**Directions for this task:** Transcribe the data exactly, stopping after the "from_le_bytes [] = 0" line.

**Stored data entries:**
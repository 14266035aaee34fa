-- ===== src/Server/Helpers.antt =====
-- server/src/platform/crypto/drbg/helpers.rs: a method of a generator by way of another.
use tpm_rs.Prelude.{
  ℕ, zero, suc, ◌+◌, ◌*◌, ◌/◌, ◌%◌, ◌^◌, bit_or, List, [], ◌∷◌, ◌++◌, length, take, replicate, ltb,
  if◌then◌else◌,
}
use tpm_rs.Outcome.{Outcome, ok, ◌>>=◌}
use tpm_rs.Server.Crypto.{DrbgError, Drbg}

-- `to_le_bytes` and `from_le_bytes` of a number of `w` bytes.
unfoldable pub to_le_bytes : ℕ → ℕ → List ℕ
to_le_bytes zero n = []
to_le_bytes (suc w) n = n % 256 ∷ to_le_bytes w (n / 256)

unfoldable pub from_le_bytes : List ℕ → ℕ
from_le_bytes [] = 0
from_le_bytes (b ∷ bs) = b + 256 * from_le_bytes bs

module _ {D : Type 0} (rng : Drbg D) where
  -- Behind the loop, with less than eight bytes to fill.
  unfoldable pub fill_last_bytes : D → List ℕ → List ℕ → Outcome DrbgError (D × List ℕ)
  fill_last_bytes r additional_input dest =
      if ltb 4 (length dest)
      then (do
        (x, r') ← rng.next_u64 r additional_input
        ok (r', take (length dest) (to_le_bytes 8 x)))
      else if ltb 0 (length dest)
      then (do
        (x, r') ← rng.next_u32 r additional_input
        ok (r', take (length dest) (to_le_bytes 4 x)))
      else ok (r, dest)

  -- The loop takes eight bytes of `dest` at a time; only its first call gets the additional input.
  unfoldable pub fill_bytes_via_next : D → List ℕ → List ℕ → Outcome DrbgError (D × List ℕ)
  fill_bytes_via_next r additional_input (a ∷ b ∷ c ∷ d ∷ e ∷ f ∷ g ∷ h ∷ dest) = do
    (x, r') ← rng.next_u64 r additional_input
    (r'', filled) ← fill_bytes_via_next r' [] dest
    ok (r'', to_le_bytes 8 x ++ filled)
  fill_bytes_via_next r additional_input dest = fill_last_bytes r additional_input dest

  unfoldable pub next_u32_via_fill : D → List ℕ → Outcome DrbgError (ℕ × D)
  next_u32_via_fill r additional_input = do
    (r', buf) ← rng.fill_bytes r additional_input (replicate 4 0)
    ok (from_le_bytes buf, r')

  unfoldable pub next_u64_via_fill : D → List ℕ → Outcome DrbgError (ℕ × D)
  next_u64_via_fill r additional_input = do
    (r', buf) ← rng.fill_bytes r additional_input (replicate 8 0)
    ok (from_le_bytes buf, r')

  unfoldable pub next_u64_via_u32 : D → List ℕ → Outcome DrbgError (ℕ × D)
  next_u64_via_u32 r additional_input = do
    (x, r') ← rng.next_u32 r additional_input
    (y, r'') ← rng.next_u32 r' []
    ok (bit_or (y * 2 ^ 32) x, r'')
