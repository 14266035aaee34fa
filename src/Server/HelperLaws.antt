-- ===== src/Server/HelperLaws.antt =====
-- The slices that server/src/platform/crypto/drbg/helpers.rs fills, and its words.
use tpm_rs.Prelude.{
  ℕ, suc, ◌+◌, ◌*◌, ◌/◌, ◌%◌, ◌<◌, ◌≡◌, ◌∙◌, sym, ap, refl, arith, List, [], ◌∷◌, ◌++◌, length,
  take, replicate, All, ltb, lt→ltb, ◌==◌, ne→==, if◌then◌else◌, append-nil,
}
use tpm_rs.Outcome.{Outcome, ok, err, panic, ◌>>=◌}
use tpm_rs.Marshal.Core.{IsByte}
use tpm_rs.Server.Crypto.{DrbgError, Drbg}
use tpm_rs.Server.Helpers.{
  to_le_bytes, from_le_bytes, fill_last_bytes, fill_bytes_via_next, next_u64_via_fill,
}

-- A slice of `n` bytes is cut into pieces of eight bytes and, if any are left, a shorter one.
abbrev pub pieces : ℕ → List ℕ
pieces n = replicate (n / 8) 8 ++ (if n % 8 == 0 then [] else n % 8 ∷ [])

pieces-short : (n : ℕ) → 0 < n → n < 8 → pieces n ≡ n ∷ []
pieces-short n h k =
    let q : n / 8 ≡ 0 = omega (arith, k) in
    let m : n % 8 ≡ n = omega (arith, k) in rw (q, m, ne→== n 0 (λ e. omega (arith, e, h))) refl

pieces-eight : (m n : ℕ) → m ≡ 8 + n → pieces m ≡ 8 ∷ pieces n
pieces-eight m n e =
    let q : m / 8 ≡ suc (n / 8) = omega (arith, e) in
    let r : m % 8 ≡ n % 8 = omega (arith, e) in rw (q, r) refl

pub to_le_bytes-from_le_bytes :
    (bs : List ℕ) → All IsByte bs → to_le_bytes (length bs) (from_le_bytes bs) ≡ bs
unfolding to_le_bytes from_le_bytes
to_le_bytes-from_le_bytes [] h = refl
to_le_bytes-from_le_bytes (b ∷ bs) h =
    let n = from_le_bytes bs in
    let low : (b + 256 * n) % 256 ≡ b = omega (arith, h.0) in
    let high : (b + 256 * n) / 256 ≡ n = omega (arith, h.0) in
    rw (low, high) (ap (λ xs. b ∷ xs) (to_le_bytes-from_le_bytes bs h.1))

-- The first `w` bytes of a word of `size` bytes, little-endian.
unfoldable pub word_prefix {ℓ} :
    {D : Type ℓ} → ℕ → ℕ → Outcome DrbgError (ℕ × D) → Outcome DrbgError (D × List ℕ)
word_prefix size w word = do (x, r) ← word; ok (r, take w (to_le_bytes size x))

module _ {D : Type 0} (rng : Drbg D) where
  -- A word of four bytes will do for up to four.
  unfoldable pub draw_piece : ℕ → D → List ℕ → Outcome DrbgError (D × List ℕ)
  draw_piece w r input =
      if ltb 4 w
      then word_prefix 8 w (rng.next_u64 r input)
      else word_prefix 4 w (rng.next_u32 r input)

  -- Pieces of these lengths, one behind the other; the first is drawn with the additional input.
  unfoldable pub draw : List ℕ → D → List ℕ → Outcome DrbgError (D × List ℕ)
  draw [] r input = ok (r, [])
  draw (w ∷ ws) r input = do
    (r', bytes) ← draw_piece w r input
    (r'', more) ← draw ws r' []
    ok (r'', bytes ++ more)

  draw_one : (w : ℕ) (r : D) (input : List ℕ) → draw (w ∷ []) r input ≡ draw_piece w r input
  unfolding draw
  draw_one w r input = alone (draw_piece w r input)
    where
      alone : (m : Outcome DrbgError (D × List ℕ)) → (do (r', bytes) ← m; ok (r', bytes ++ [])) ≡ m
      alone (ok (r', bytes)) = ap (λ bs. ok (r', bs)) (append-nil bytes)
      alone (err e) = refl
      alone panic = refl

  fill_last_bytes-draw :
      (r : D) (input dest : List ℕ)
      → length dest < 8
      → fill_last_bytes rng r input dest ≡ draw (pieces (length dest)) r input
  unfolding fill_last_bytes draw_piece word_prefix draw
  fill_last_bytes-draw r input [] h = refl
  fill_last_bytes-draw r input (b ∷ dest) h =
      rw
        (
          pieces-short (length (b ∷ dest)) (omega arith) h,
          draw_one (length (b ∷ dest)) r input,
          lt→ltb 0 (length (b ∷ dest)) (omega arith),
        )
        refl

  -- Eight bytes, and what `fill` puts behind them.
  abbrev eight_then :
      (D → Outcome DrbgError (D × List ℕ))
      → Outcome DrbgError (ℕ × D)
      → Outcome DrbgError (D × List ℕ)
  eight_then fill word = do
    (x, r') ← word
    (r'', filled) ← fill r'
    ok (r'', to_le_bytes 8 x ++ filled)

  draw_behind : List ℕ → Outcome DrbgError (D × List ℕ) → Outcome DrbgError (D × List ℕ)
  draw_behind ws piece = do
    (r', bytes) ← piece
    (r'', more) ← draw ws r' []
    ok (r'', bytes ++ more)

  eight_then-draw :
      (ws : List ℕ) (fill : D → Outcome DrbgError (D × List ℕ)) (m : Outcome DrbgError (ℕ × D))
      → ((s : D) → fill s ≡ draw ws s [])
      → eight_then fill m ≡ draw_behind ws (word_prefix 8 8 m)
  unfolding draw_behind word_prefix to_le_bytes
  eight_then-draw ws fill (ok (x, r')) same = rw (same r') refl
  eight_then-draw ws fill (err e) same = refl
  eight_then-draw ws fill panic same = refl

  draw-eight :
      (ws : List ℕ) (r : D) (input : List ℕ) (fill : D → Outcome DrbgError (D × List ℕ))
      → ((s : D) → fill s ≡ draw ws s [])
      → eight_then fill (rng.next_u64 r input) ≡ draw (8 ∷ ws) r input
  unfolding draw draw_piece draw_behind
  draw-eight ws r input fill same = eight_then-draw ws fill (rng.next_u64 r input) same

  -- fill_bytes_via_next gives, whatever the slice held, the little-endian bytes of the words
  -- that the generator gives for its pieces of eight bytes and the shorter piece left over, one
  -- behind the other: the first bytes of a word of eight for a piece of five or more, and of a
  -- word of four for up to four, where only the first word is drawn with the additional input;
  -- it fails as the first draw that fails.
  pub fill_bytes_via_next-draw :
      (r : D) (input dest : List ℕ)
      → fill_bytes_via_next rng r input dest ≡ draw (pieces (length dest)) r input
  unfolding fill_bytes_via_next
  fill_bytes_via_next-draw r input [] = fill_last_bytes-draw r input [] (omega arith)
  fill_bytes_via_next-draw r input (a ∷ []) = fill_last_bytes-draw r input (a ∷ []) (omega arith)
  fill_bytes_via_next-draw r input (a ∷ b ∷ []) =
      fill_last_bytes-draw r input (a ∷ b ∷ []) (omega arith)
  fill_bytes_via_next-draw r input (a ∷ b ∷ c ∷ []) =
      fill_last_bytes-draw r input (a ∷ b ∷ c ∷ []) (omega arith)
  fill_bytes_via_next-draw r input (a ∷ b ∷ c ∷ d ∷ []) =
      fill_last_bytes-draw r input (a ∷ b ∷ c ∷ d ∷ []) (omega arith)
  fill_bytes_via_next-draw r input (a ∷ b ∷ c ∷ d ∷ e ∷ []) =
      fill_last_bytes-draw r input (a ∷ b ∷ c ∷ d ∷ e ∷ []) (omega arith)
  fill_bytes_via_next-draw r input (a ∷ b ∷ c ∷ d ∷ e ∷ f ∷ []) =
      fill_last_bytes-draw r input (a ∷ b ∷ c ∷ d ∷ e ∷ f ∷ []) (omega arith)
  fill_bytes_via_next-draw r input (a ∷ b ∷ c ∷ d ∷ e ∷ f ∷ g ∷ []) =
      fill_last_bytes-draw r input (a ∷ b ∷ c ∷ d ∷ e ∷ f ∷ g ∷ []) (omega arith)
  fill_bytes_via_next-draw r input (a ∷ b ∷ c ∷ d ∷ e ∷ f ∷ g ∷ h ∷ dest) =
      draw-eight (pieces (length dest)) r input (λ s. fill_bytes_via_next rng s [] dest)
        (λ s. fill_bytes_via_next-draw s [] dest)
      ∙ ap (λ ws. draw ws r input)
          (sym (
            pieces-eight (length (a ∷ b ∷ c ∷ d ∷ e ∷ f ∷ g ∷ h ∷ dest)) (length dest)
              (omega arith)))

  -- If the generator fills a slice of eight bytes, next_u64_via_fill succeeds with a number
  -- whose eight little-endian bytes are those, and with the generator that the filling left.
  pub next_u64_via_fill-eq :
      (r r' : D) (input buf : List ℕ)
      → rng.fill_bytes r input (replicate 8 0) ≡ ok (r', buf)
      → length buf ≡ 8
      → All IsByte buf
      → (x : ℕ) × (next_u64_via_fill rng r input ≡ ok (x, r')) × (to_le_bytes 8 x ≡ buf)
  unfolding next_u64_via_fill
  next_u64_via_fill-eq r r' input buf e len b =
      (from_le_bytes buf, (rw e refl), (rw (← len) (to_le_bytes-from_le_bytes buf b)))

**Exercise solution:**
repository 14266035aaee34fa
-- ===== src/Server/Helpers.antt =====
-- server/src/platform/crypto/drbg/helpers.rs: a method of a generator by way of another.
use tpm_rs.Prelude.{
  ℕ, zero, suc, ◌+◌, ◌*◌, ◌/◌, ◌%◌, ◌^◌, bit_or, List, [], ◌∷◌, ◌++◌, length, take, replicate, ltb,
  if◌then◌else◌,
}
use tpm_rs.Outcome.{Outcome, ok, ◌>>=◌}
use tpm_rs.Server.Crypto.{DrbgError, Drbg}

-- `to_le_bytes` and `from_le_bytes` of a number of `w` bytes.
unfoldable pub to_le_bytes : ℕ → ℕ → List ℕ
to_le_bytes zero n = []
to_le_bytes (suc w) n = n % 256 ∷ to_le_bytes w (n / 256)

unfoldable pub from_le_bytes : List ℕ → ℕ
from_le_bytes [] = 0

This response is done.